Fig 1: underlying neural mechanisms of curiosity
Did you know? Within the labyrinth of your brain resides a cell that bears a striking resemblance to a slender ginseng root, complete with dendrites that mimic ginseng whiskers. This remarkable cell is the dopaminergic neuron (DAN). When we encounter something novel, it ignites a unique spark within the brain’s neural circuits, propelling us to explore, learn, and discover. DAN is akin to a detective in the brain, perpetually drawn to the new and the unknown, ever eager to be stimulated by wonder and to acquire fresh knowledge. 

Yet, as we age, this curiosity seems to wane.
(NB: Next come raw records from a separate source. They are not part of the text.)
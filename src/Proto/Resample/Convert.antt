-- ===== src/Proto/Resample/Convert.antt =====
-- A resampler of crates/ak1-proto/src/resample.rs from its reset on, used the way driver/ak1-acx/src/rt.rs does: a frame
-- is pushed only when nothing is left to pop. The resampler's debug assertion about its ring holds for such rates.
use native.Mathlib.Nat
use ak1_driver.Prelude.{
  Bool, ℕ, ◌+◌, ◌*◌, ◌/◌, ◌^◌, ◌≤◌, ◌<◌, ◌≡◌, ◌∙◌, subst, ◌||◌, max, List, [], ◌∷◌, ◌++◌, Option,
  none, some, arith, length, leb, ◌==◌, if◌then◌else◌,
}
use ak1_driver.Prelude.Int.{ℤ}
use ak1_driver.Proto.Wire.{SampleRate, hz44100, hz48000, hz88200, hz96000, hz192000, hz}
use ak1_driver.Proto.Resample.{
  Frame, Resampler, history_frames, zero_crossings, div_ceil, gcd, reset, push, pop, advance,
  output,
}
use ak1_driver.Proto.Resample.Ratio.{
  IsOnTime, center_eq, push-IsOnTime, advance-IsOnTime, reset-IsOnTime, pop_cases, count,
}
use ak1_driver.Proto.Resample.History.{
  Holds, reset-Holds, push-Holds, advance-Holds, before, after, pop-Holds,
}

-- Rates of which the first is at most 7 times the second.
pub record AreNear (from_hz to_hz : ℕ) : Type 0 where
  pub from_pos : 0 < from_hz
  pub to_pos : 0 < to_hz
  pub near : from_hz ≤ 7 * to_hz

hz_bounds : (rate : SampleRate) → (44100 ≤ hz rate) × (hz rate ≤ 192000)
unfolding hz
hz_bounds hz44100 = omega arith
hz_bounds hz48000 = omega arith
hz_bounds hz88200 = omega arith
hz_bounds hz96000 = omega arith
hz_bounds hz192000 = omega arith

-- The rates between which streams are converted are near.
pub hz-AreNear : (stream card : SampleRate) → AreNear (hz stream) (hz card)
hz-AreNear stream card = record {
  from_pos = omega (arith, hz_bounds stream);
  to_pos = omega (arith, hz_bounds card);
  near = omega (arith, hz_bounds stream, hz_bounds card);
}

-- The sizes that keep the taps of the next output inside the ring.
record IsTight (r : Resampler) : Type 0 where
  down_le : r.down ≤ 7 * r.up
  up_pos : 0 < r.up
  taps_le : r.taps ≤ 224
  phase_lt : r.phase < r.up
  drained : r.pushed ≤ r.center + r.taps + 1
  center_le : r.center ≤ r.pushed + 7

taps_le_of :
    (up down : ℕ) → 0 < up → down ≤ 7 * up → div_ceil (zero_crossings * max up down) up ≤ 224
taps_le_of up down h k =
    let bounded : max up down ≤ 7 * up = ground arith in
    let below : div_ceil (zero_crossings * max up down) up < 225 =
      (Nat.div-lt_iff_lt-mul h).1 (omega (arith, bounded)) in
    omega (arith, below)

down_le_of :
    (up : ℕ) {down common from_hz to_hz : ℕ}
    → from_hz ≡ down * common
    → to_hz ≡ up * common
    → 0 < common
    → from_hz ≤ 7 * to_hz
    → down ≤ 7 * up
down_le_of up {down} {common} e f h k =
    Nat.le_of_mul-le-mul_right (omega (arith, Nat.mul_assoc 7 up common)) h

module _ (channels : ℕ) {from_hz to_hz : ℕ} (v : AreNear from_hz to_hz) (r : Resampler) where
  reset-down_le : (reset channels from_hz to_hz r).down ≤ 7 * (reset channels from_hz to_hz r).up
  reset-down_le =
      let w = reset-IsOnTime channels from_hz to_hz r v.from_pos v.to_pos in
      down_le_of _ w.from_eq w.to_eq w.common_pos v.near

  reset-taps_le : (reset channels from_hz to_hz r).taps ≤ 224
  unfolding reset
  reset-taps_le =
      taps_le_of _ _ (reset-IsOnTime channels from_hz to_hz r v.from_pos v.to_pos).up_pos
        reset-down_le

  reset-IsTight : IsTight (reset channels from_hz to_hz r)
  unfolding reset
  reset-IsTight =
      let w = reset-IsOnTime channels from_hz to_hz r v.from_pos v.to_pos in
      record {
        down_le = reset-down_le;
        up_pos = w.up_pos;
        taps_le = reset-taps_le;
        phase_lt = w.phase_lt;
        drained = omega arith;
        center_le = omega arith;
      }

-- For rates of which the first is at most 7 times the second the debug assertion of `reset` holds: twice the taps of a
-- side, and the frames by which an output may move on, are fewer than the ring holds.
pub reset_bounds :
    (channels : ℕ) {from_hz to_hz : ℕ}
    → AreNear from_hz to_hz
    → (r : Resampler)
    → let r' = reset channels from_hz to_hz r in
      2 * r'.taps + div_ceil r'.down r'.up + 1 < history_frames
reset_bounds channels {from_hz} {to_hz} v r =
    let w = reset-IsTight channels v r in
    let r' = reset channels from_hz to_hz r in
    let few : div_ceil r'.down r'.up < 8 =
      (Nat.div-lt_iff_lt-mul w.up_pos).1 (omega (arith, w.down_le, w.up_pos)) in
    omega (arith, few, w.taps_le)

module _ {r : Resampler} (v : IsTight r) where
  push-IsTight : (frame : Frame) → r.pushed ≤ r.center + r.taps → IsTight (push r frame)
  unfolding push
  push-IsTight frame h = ground arith

  advance-IsTight : r.center + r.taps < r.pushed → IsTight (advance r)
  unfolding advance
  advance-IsTight h =
      let moved : (r.phase + r.down) / r.up < 8 =
        (Nat.div-lt_iff_lt-mul v.up_pos).1 (omega (arith, v.down_le, v.phase_lt)) in
      record {
        down_le = v.down_le;
        up_pos = v.up_pos;
        taps_le = v.taps_le;
        phase_lt = Nat.mod-lt (r.phase + r.down) v.up_pos;
        drained = omega (arith, v.drained);
        center_le = omega (arith, moved);
      }

module _ (kernel : List ℤ) (channels from_hz to_hz : ℕ) where
  -- A resampler since its reset, by what was pushed and how many frames were popped.
  pub data Used : List Frame → ℕ → Resampler → Type 0 where
    fresh : (r : Resampler) → Used [] 0 (reset channels from_hz to_hz r)
    pushes :
        {input : List Frame} {popped : ℕ} {r : Resampler} (frame : Frame)
        → Used input popped r
        → (pop kernel channels r).1 ≡ none
        → Used (input ++ (frame ∷ [])) popped (push r frame)
    pops :
        {input : List Frame} {popped : ℕ} {r : Resampler}
        → Used input popped r
        → Used input
            (popped + count kernel channels (pop kernel channels r).1)
            (pop kernel channels r).0

  record IsFit (input : List Frame) (popped : ℕ) (r : Resampler) : Type 0 where
    on_time : IsOnTime (gcd from_hz to_hz) from_hz to_hz popped r
    holds : Holds channels input r
    tight : IsTight r

  none_left :
      (r : Resampler) → 0 < r.up → (pop kernel channels r).1 ≡ none → r.pushed ≤ r.center + r.taps
  none_left r h =
      pop_cases kernel channels (λ p. p.1 ≡ none → r.pushed ≤ r.center + r.taps) r
        (λ e _. ground arith) (λ _ k e. ground arith)

  pop-IsFit :
      {input : List Frame} {popped : ℕ} {r : Resampler}
      → IsFit input popped r
      → IsFit input
          (popped + count kernel channels (pop kernel channels r).1)
          (pop kernel channels r).0
  pop-IsFit {input} {popped} {r} v =
      pop_cases kernel channels (λ p. IsFit input (popped + count kernel channels p.1) p.0) r
        (λ h. subst (λ n. IsFit input n r) (omega arith) v)
        (λ h k.
          subst (λ n. IsFit input n (advance r)) (omega arith)
            (record {
              on_time = advance-IsOnTime v.on_time;
              holds = advance-Holds v.holds;
              tight = advance-IsTight v.tight k;
            }))

  Used-IsFit :
      AreNear from_hz to_hz
      → {input : List Frame} {popped : ℕ} {r : Resampler} → Used input popped r
      → IsFit input popped r
  Used-IsFit v (Used.fresh r) = record {
    on_time = reset-IsOnTime channels from_hz to_hz r v.from_pos v.to_pos;
    holds = reset-Holds channels from_hz to_hz r;
    tight = reset-IsTight channels v r;
  }
  Used-IsFit v (Used.pushes frame u e) =
      let w = Used-IsFit v u in
      record {
        on_time = push-IsOnTime w.on_time frame;
        holds = push-Holds w.holds frame;
        tight = push-IsTight w.tight frame (none_left _ w.tight.up_pos e);
      }
  Used-IsFit v (Used.pops u) = pop-IsFit (Used-IsFit v u)

  if_up :
      (up : ℕ) (b : Bool) (x : Option Frame)
      → 0 < up
      → (if up == 0 || b then none else x) ≡ (if b then none else x)
  if_up up b x h = ground arith

  -- A resampler that converts between near rates, and since its reset was popped empty before each push, computes
  -- from fewer than 2 ^ 62 frames each output as the sum of the kernel over all frames that were pushed, and not
  -- only those still in its ring: around the frame that the ratio of the rates gives for the number of outputs
  -- before it, with silence before the first. It has an output once `taps` frames
  -- follow that one.
  pub pop-converts :
      AreNear from_hz to_hz
      → {input : List Frame} {popped : ℕ} {r : Resampler} → Used input popped r
      → length input < 2 ^ 62
      → let center = popped * from_hz / to_hz in
        (pop kernel channels r).1 ≡ (
          if leb (length input) (center + r.taps)
          then none
          else some (output kernel channels (before channels input center) (after input center) r))
  pop-converts v {input} {popped} {r} u h =
      let w = Used-IsFit v u in
      rw (← center_eq w.on_time, ← w.holds.pushed_eq)
        ((pop-Holds kernel w.holds (omega (arith, w.tight.taps_le)) w.tight.drained
            (omega (arith, w.tight.center_le, w.holds.pushed_eq))).1
          ∙ if_up _ _ _ w.tight.up_pos)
Like a firework losing its brilliance, the elderly gradually lose their sense of novelty, both social and inanimate, until they are no longer captivated by it. Why is our Curious Detective DAN so intrigued by novelty? And as we grow older, what transformations occur within DAN that cause this once-curious detective to lose his inquisitiveness? After reading this, has this phenomenon successfully piqued the interest of the curious detective within your own brain?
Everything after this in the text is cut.